# [Task details]
In the data below, find every line with the word "attrs" and copy it.

# [Raw data]
-- ===== src/Stress/Flags.antt =====
-- cmd/stress/main.go: the flags of the stress test. `url.ParseRequestURI` is a parameter: `is_uri` says
-- whether it returns no error.
use iot_metrics.Base.{
  ◌≡◌, refl, ◌≢◌, ◌↔◌, String, Bool, true, Bool-cases, inl, inr, List, [], ◌∷◌, ◌++◌, ℤ, pos, ltb_ℤ,
  leb_ℤ, ◌≤ℤ◌, ◌<ℤ◌, arith, eq_iff, if◌then◌else◌,
}
use text.Mathlib.Text.{◌==◌}

-- `flags`
pub record Flags : Type 0 where
  pub service_url : String
  pub num_devices : ℤ
  pub interval_ms : ℤ

abbrev pub flags_of : String → ℤ → ℤ → Flags
flags_of url devices interval = record {
  service_url = url;
  num_devices = devices;
  interval_ms = interval;
}

-- How `parseFlags` ends: with the flags, or with the end of the program after the messages.
pub data Parsed : Type 0 where
  parsed : Flags → Parsed
  exited : List String → Parsed

module _ (is_uri : String → Bool) where
  check_url : String → List String
  check_url url =
      if url == ""
      then "url: cannot be empty" ∷ []
      else if is_uri url
      then []
      else "url: invalid format" ∷ []

  check_devices : ℤ → List String
  check_devices n = if leb_ℤ n (pos 0) then "devices: must be greater than zero" ∷ [] else []

  check_interval : ℤ → List String
  check_interval n = if ltb_ℤ n (pos 0) then "interval: must be non negative" ∷ [] else []

  abbrev ending : Flags → List String → Parsed
  ending f [] = parsed f
  ending f (e ∷ es) = exited (e ∷ es)

  -- `parseFlags`, for the values of the flags `url`, `devices` and `interval`
  unfoldable pub parse_flags : String → ℤ → ℤ → Parsed
  unfolding check_url check_devices check_interval
  parse_flags url devices interval =
      ending (flags_of url devices interval)
        (check_url url ++ (check_devices devices ++ check_interval interval))

  append_nil : (a b : List String) → (a ++ b ≡ []) ↔ ((a ≡ []) × (b ≡ []))
  append_nil [] b = (λ h. (refl, h), λ h. h.1)
  append_nil (x ∷ a) b = (λ h. cc, λ h. cc h.0)

  ending_parsed :
      (f g : Flags) (errs : List String) → (ending f errs ≡ parsed g) ↔ ((errs ≡ []) × (f ≡ g))
  ending_parsed f g [] = (λ h. (refl, cc), λ h. cc h.1)
  ending_parsed f g (e ∷ es) = (λ h. cc, λ h. cc h.0)

  url_ok : (url : String) → (check_url url ≡ []) ↔ ((url ≢ "") × (is_uri url ≡ true))
  unfolding check_url
  url_ok url = elim (Bool-cases (url == "")) [
    | inl e ↦ rw e (λ h. cc, λ h. absurd (h.0 ((eq_iff url "").0 e)))
    | inr e ↦ elim (Bool-cases (is_uri url)) [
      | inl u ↦ rw (e, u) (λ h. (λ g. cc (e, (eq_iff url "").1 g), refl), λ h. refl)
      | inr u ↦ rw (e, u) (λ h. cc, λ h. cc h.1)
    ]
  ]

  devices_ok : (n : ℤ) → (check_devices n ≡ []) ↔ (pos 0 <ℤ n)
  unfolding check_devices
  devices_ok n = ground arith

  interval_ok : (n : ℤ) → (check_interval n ≡ []) ↔ (pos 0 ≤ℤ n)
  unfolding check_interval
  interval_ok n = ground arith

  -- `parseFlags` gives flags, and then those that were set, exactly if the URL is not empty and parses,
  -- there is a device at least, and the interval is not negative.
  pub parse_flags-eq-parsed_iff :
      (url : String) (devices interval : ℤ) (f : Flags)
      → (parse_flags url devices interval ≡ parsed f) ↔ (
          ((url ≢ "") × (is_uri url ≡ true))
          × (pos 0 <ℤ devices)
          × (pos 0 ≤ℤ interval)
          × (flags_of url devices interval ≡ f))
  unfolding parse_flags
  parse_flags-eq-parsed_iff url devices interval f =
      let ends =
        ending_parsed (flags_of url devices interval) f
          (check_url url ++ (check_devices devices ++ check_interval interval)) in
      let first = append_nil (check_url url) (check_devices devices ++ check_interval interval) in
      let second = append_nil (check_devices devices) (check_interval interval) in
      (
        λ h.
            let (errs, same) = ends.0 h in
            let (u, rest) = first.0 errs in
            let (d, i) = second.0 rest in
            ((url_ok url).0 u, (devices_ok devices).0 d, (interval_ok interval).0 i, same),
        λ (u, d, i, same). ends.1 (
          first.1
              ((url_ok url).1 u, second.1 ((devices_ok devices).1 d, (interval_ok interval).1 i)),
          same,
        ),
      )
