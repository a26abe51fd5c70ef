-- ===== src/Stress/Jobs.antt =====
-- cmd/stress/main.go: the random values and the jobs of the stress test. The numbers that package rand draws,
-- and the texts of errors, are parameters.
pub mod Laws
use Prim.Native.String.{◌++◌}
use iot_metrics.Base.{
  ℕ, zero, suc, String, not, keep, some, ℤ, pos, List, [], ◌∷◌, ◌+ℤ◌, ◌-ℤ◌, leb_ℤ, to_int32,
  if◌then◌else◌,
}
use iot_metrics.Connect.{DeviceService}
use iot_metrics.Device.Proto
use iot_metrics.Go.Arith.{add_float, sub_float, mul_float, div_float, trunc}
use iot_metrics.Go.Errors.{Error, other, wrapped, is_canceled}
use iot_metrics.Go.Float64.{Float64, of_whole}
use iot_metrics.Go.Fmt.{print_int}
use iot_metrics.Go.Outcome.{Outcome, ok, err, panic, Call}
use iot_metrics.Go.Strings.{before_first}
use iot_metrics.Go.Time.{Time}
use iot_metrics.Log.{Logger, Line, Attr, write, level_info, text_value, float_value, number_value}

-- `randFloat64`, where `rand.Float64()` gives `draw`; `math.Pow(10, float64(2))` is 100.
unfoldable pub rand_float64 : Float64 → Float64 → Float64 → Float64
rand_float64 draw min max =
    let f = add_float min (mul_float draw (sub_float max min)) in
    let scale = of_whole (pos 100) in div_float (trunc (mul_float f scale)) scale

-- `randInt32`, where `rand.Int31n(n)` gives `draw n`, and panics unless `n` is positive.
unfoldable pub rand_int32 : (ℤ → ℤ) → ℤ → ℤ → Outcome ℤ
rand_int32 draw min max =
    let n = to_int32 (max -ℤ min) in
    if leb_ℤ n (pos 0) then panic else ok (to_int32 (min +ℤ draw n))

-- `sessionID`, of a new UUID
abbrev pub session_id : String → String
session_id uuid = before_first "-" uuid

-- `getDeviceID`
abbrev pub get_device_id : String → ℤ → String
get_device_id session i = "session-" ++ (session ++ ("-device-" ++ print_int i))

-- `tempThresh` and `batteryThresh`
abbrev pub temp_thresh : Float64
temp_thresh = of_whole (pos 50)

abbrev pub battery_thresh : ℤ
battery_thresh = pos 50

-- The request that configures a device.
abbrev pub configure_request : String → Proto.ConfigureDeviceRequest
configure_request device_id = record {
  device_id = device_id;
  temperature_threshold = temp_thresh;
  battery_threshold = battery_thresh;
}

-- The request that records a metric, for the current time and the values drawn.
abbrev pub record_request : String → Time → Float64 → ℤ → Proto.RecordMetricRequest
record_request device_id now temperature battery = record {
  device_id = device_id;
  temperature = temperature;
  battery = battery;
  timestamp = some now;
}

-- What a job ends with: no error, or one; a panic ends the program.
abbrev pub JobCall : Type 0 → Type 0
JobCall S = Call (List Line × S) (Unit {0})

-- A call of the client within a job, which writes no line.
abbrev called : {S : Type 0} → Call S (Unit {0}) → JobCall S
called f (lines, s) = let (o, s') = f s in (o, (lines, s'))

-- `if err != nil { return … }`, and the line and nil otherwise.
abbrev job_end :
    {S : Type 0}
    → Logger
    → (Error → Error)
    → String
    → List Attr
    → Outcome (Unit {0}) × (List Line × S)
    → Outcome (Unit {0}) × (List Line × S)
job_end logger describe message attrs (ok _, (lines, s)) =
    (ok tt, (write logger level_info message attrs lines, s))
job_end logger describe message attrs (err e, s) = (err (describe e), s)
job_end logger describe message attrs (panic, s) = (panic, s)

module _ {S : Type 0} (client : DeviceService S) (logger : Logger)
    (error_text : Error → String) where
  -- The job that configures a device; the text of the error goes into another.
  unfoldable pub configure_job : String → JobCall S
  configure_job device_id s =
      job_end logger (λ e. other ("configure device '" ++ (device_id ++ ("': " ++ error_text e))))
        "configure device"
        (("device_id", text_value device_id)
          ∷ ("temperature_threshold", float_value temp_thresh)
          ∷ ("battery_threshold", number_value battery_thresh)
          ∷ [])
        (called (client.configure_device (configure_request device_id)) s)

  -- The job behind the draw of a battery level.
  abbrev record_drawn : String → Time → Float64 → Outcome ℤ → JobCall S
  record_drawn device_id now temperature (ok battery) s =
      job_end logger (λ e. wrapped ("record device '" ++ (device_id ++ "' metric")) e)
        "recorded device metric"
        (("device_id", text_value device_id)
          ∷ ("temperature", float_value temperature)
          ∷ ("battery", number_value battery)
          ∷ [])
        (called (client.record_metric (record_request device_id now temperature battery)) s)
  record_drawn device_id now temperature (err e) s = (err e, s)
  record_drawn device_id now temperature panic s = (panic, s)

  -- The job that records a metric of a device, for what package rand draws.
  unfoldable pub record_job : Float64 → (ℤ → ℤ) → String → Time → JobCall S
  record_job draw_float draw_int device_id now =
      record_drawn device_id now
        (rand_float64 draw_float (of_whole (pos 0)) (mul_float temp_thresh (of_whole (pos 2))))
        (rand_int32 draw_int (pos 0) (pos 100))

-- The device ids of `for i := range f.numDevices`, from `i` on.
unfoldable pub device_ids : String → ℕ → ℕ → List String
device_ids session i zero = []
device_ids session i (suc left) = get_device_id session (pos i) ∷ device_ids session (suc i) left

-- The errors of the pool that `run` logs.
unfoldable pub logged_errors : List Error → List Error
logged_errors errs = keep (λ e. not (is_canceled e)) errs
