-- ===== src/Stress/Jobs/Laws.antt =====
-- What the stress test draws, and that the service accepts what its jobs ask for.
use Prim.Native.String.{◌++◌}
use iot_metrics.Base.{
  ℕ, ◌*◌, ◌<◌, ◌≡◌, refl, subst, ◌≢◌, String, true, false, ℤ, pos, negsuc, wrap_of_Fits, ◌≤ℤ◌, ◌<ℤ◌,
  ◌+ℤ◌, ◌-ℤ◌, to_int32, arith, ◌^◌, List,
}
use iot_metrics.Connect.{DeviceService}
use iot_metrics.Device.Handlers.{to_configure_device, to_record_metric}
use iot_metrics.Device.Proto
use iot_metrics.Device.Validation.Laws.{IsConfigurable, IsRecordable, IsTemperature, IsBattery}
use iot_metrics.Go.Arith.{
  add_float, sub_float, mul_float, round_float, round_magnitude, scale, max_halvings,
}
use iot_metrics.Go.Arith.Bounds.{IsUpTo, scaled-IsUpTo}
use iot_metrics.Go.Errors.{Error}
use iot_metrics.Go.Float64.{Float64, finite, nan, neg_inf, pos_inf, units, of_whole}
use iot_metrics.Go.Fmt.{round_div, print_int}
use iot_metrics.Go.Outcome.{ok}
use iot_metrics.Go.Text.{AllSpace}
use iot_metrics.Go.Time.{Time, zero_time}
use iot_metrics.Log.{Logger, Line}
use iot_metrics.Stress.Jobs.{
  rand_float64, rand_int32, session_id, get_device_id, temp_thresh, battery_thresh,
  configure_request, record_request, configure_job, record_job,
}
use text.Mathlib.TextLemmas.{cons-append}

-- The bounds of the temperatures, 0 and twice 50, as float64.
spans :
    (sub_float (mul_float temp_thresh (of_whole (pos 2))) (of_whole (pos 0))
      ≡ finite false (100 * units))
    × (of_whole (pos 100) ≡ finite false (100 * units))
    × (of_whole (pos 0) ≡ finite false 0)
unfolding of_whole mul_float add_float units round_float round_magnitude scale round_div
    max_halvings
spans = (refl, refl, refl)

IsUpTo-IsTemperature : (x : Float64) → IsUpTo (10000 * units) x → IsTemperature x
IsUpTo-IsTemperature (finite false m) h = h
IsUpTo-IsTemperature (finite true m) h = absurd h
IsUpTo-IsTemperature nan h = absurd h
IsUpTo-IsTemperature neg_inf h = absurd h
IsUpTo-IsTemperature pos_inf h = absurd h

drawn-IsTemperature :
    (d : ℕ)
    → d < units
    → IsTemperature (
        rand_float64 (finite false d) (of_whole (pos 0)) (mul_float temp_thresh (of_whole (pos 2))))
unfolding rand_float64
drawn-IsTemperature d h =
    let (span, hundred, none_at_all) = spans in
    rw (span, hundred, none_at_all) (IsUpTo-IsTemperature _ (scaled-IsUpTo d (omega (arith, h))))

-- What `rand.Int31n` promises.
abbrev pub IsInt31n : (ℤ → ℤ) → Type 0
IsInt31n draw = (n : ℤ) → pos 0 <ℤ n → (pos 0 ≤ℤ draw n) × (draw n <ℤ n)

int_span : to_int32 (pos 100 -ℤ pos 0) ≡ pos 100
unfolding to_int32 ◌-ℤ◌
int_span = refl

zero_plus : (n : ℕ) → (pos 0 +ℤ pos n) ≡ pos n
unfolding ◌+ℤ◌
zero_plus n = ground arith

from_zero : (n : ℕ) → n < 100 → to_int32 (pos 0 +ℤ pos n) ≡ pos n
unfolding to_int32
from_zero n h =
    rw (zero_plus n)
      (wrap_of_Fits (2 ^ 31) (pos n) (record { upper = omega (arith, h); lower = omega arith }))

drawn-IsBattery :
    (draw : ℤ → ℤ)
    → IsInt31n draw
    → (b : ℤ) × (rand_int32 draw (pos 0) (pos 100) ≡ ok b) × IsBattery b
unfolding rand_int32
drawn-IsBattery draw h = go (draw (pos 100)) refl (h (pos 100) (omega arith))
  where
    go :
        (z : ℤ)
        → draw (pos 100) ≡ z
        → (pos 0 ≤ℤ z) × (z <ℤ pos 100)
        → (b : ℤ) × (rand_int32 draw (pos 0) (pos 100) ≡ ok b) × IsBattery b
    go (pos n) e (low, high) = (
      pos n,
      rw (int_span, e, from_zero n (omega (arith, high))) refl,
      record { lowest = omega arith; highest = omega (arith, high) },
    )
    go (negsuc n) e (low, high) = absurd (omega (arith, low))

fifty-IsTemperature : IsTemperature temp_thresh
unfolding of_whole
fifty-IsTemperature = omega arith

fifty-IsBattery : IsBattery battery_thresh
fifty-IsBattery = record { lowest = omega arith; highest = omega arith }

get_device_id-solid : (session : String) (i : ℤ) → ¬ AllSpace (get_device_id session i)
get_device_id-solid session i = solid (session ++ ("-device-" ++ print_int i))
  where
    solid : (rest : String) → ¬ AllSpace ("session-" ++ rest)
    solid rest h = let (first, _) = subst AllSpace (cons-append "s" "ession-" rest) h in cc first

module _ {S : Type 0} (client : DeviceService S) (logger : Logger) (error_text : Error → String)
    (uuid : String) (i : ℤ) where
  -- The jobs of the stress test for a device succeed, whatever package rand draws, if the service accepts
  -- what is configurable and recordable: the requests of the jobs are, if the clock does not show the
  -- zero time.
  pub jobs_succeed :
      (d : ℕ) (draw : ℤ → ℤ) (now : Time) (lines : List Line) (s : S)
      → d < units
      → IsInt31n draw
      → now ≢ zero_time
      → ((msg : Proto.ConfigureDeviceRequest) (t : S)
          → IsConfigurable (to_configure_device msg)
          → (client.configure_device msg t).0 ≡ ok tt)
      → ((msg : Proto.RecordMetricRequest) (t : S)
          → IsRecordable (to_record_metric msg)
          → (client.record_metric msg t).0 ≡ ok tt)
      → ((configure_job client logger error_text (get_device_id (session_id uuid) i) (lines, s)).0
          ≡ ok tt)
        × ((record_job client logger error_text
              (finite false d)
              draw
              (get_device_id (session_id uuid) i)
              now
              (lines, s)).0
            ≡ ok tt)
  unfolding configure_job record_job
  jobs_succeed d draw now lines s below drawn some_time configures records =
      let (battery, is_battery, valid) = drawn-IsBattery draw drawn in
      let solid = get_device_id-solid (session_id uuid) i in
      (
        rw
            (configures (configure_request (get_device_id (session_id uuid) i)) s (record {
              device = solid;
              temperature = fifty-IsTemperature;
              battery = fifty-IsBattery;
            }))
            refl,
        rw
            (
              is_battery,
              records
                  (record_request (get_device_id (session_id uuid) i) now
                    (rand_float64 (finite false d) (of_whole (pos 0))
                      (mul_float temp_thresh (of_whole (pos 2))))
                    battery)
                  s
                  (record {
                    device = solid;
                    timestamp = some_time;
                    temperature = drawn-IsTemperature d below;
                    battery = valid;
                  }),
            )
            refl,
      )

# [Reply]
job_end logger describe message attrs (ok _, (lines, s)) =
    (ok tt, (write logger level_info message attrs lines, s))
job_end logger describe message attrs (err e, s) = (err (describe e), s)
job_end logger describe message attrs (panic, s) = (panic, s)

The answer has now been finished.